EXERCISE AIM:
Whenever a line of the material contains the string "good", it should be copied.

INPUT RECORDS:
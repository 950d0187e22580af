-- ===== src/PolicyService/Logged.antt =====
-- src/services/policy_service.rs: the audit entries of the operations on the bindings.
use matrix_identity_admin.Prelude.{ℕ, List, [], ◌∷◌, Option, Bool, ◌≡◌}
use matrix_identity_admin.Text.{Text, codes, ℤ}
use matrix_identity_admin.Models.Audit.{AuditResult, JsonValue, Metadata}
use matrix_identity_admin.Models.Policy.{PolicySubject, PolicyTarget, subject_text, room_id}
use matrix_identity_admin.Effects.Event.{Event, Op, event}
use matrix_identity_admin.AuditService.{AuditService, Actor, entry_of}
use matrix_identity_admin.PolicyService.{no_target, level_value}

-- The only event is the write of one entry of the action, by the admin, and `good` tells whether it
-- succeeded. Its id and its time are the environment's.
abbrev pub Logs :
    {W : Type 0} → AuditService W → Actor → Text → Metadata → Bool → List Event → Type 0
Logs audit who action metadata good es =
    (id : Text) × (now : Option ℕ) × (es
      ≡ event
          (Op.insert_audit
            (entry_of audit who no_target action AuditResult.success metadata id now))
          good
        ∷ [])

-- What an entry says of a new binding, of a changed one, and of a deleted one.
abbrev pub creation_metadata : Text → PolicySubject → PolicyTarget → Option ℤ → Bool → Metadata
creation_metadata id subject target level remove =
    (codes "binding_id", JsonValue.string id)
    ∷ (codes "subject", JsonValue.string (subject_text subject))
    ∷ (codes "target_room_id", JsonValue.string (room_id target))
    ∷ (codes "power_level", level_value level)
    ∷ (codes "allow_remove", JsonValue.bool remove)
    ∷ []

abbrev pub update_metadata : Text → Option ℤ → Bool → Metadata
update_metadata id level remove =
    (codes "binding_id", JsonValue.string id)
    ∷ (codes "power_level", level_value level)
    ∷ (codes "allow_remove", JsonValue.bool remove)
    ∷ []

abbrev pub deletion_metadata : Text → Metadata
deletion_metadata id = (codes "binding_id", JsonValue.string id) ∷ []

RESPONSE TO THE TASK:
-- The only event is the write of one entry of the action, by the admin, and `good` tells whether it
Logs audit who action metadata good es =
          good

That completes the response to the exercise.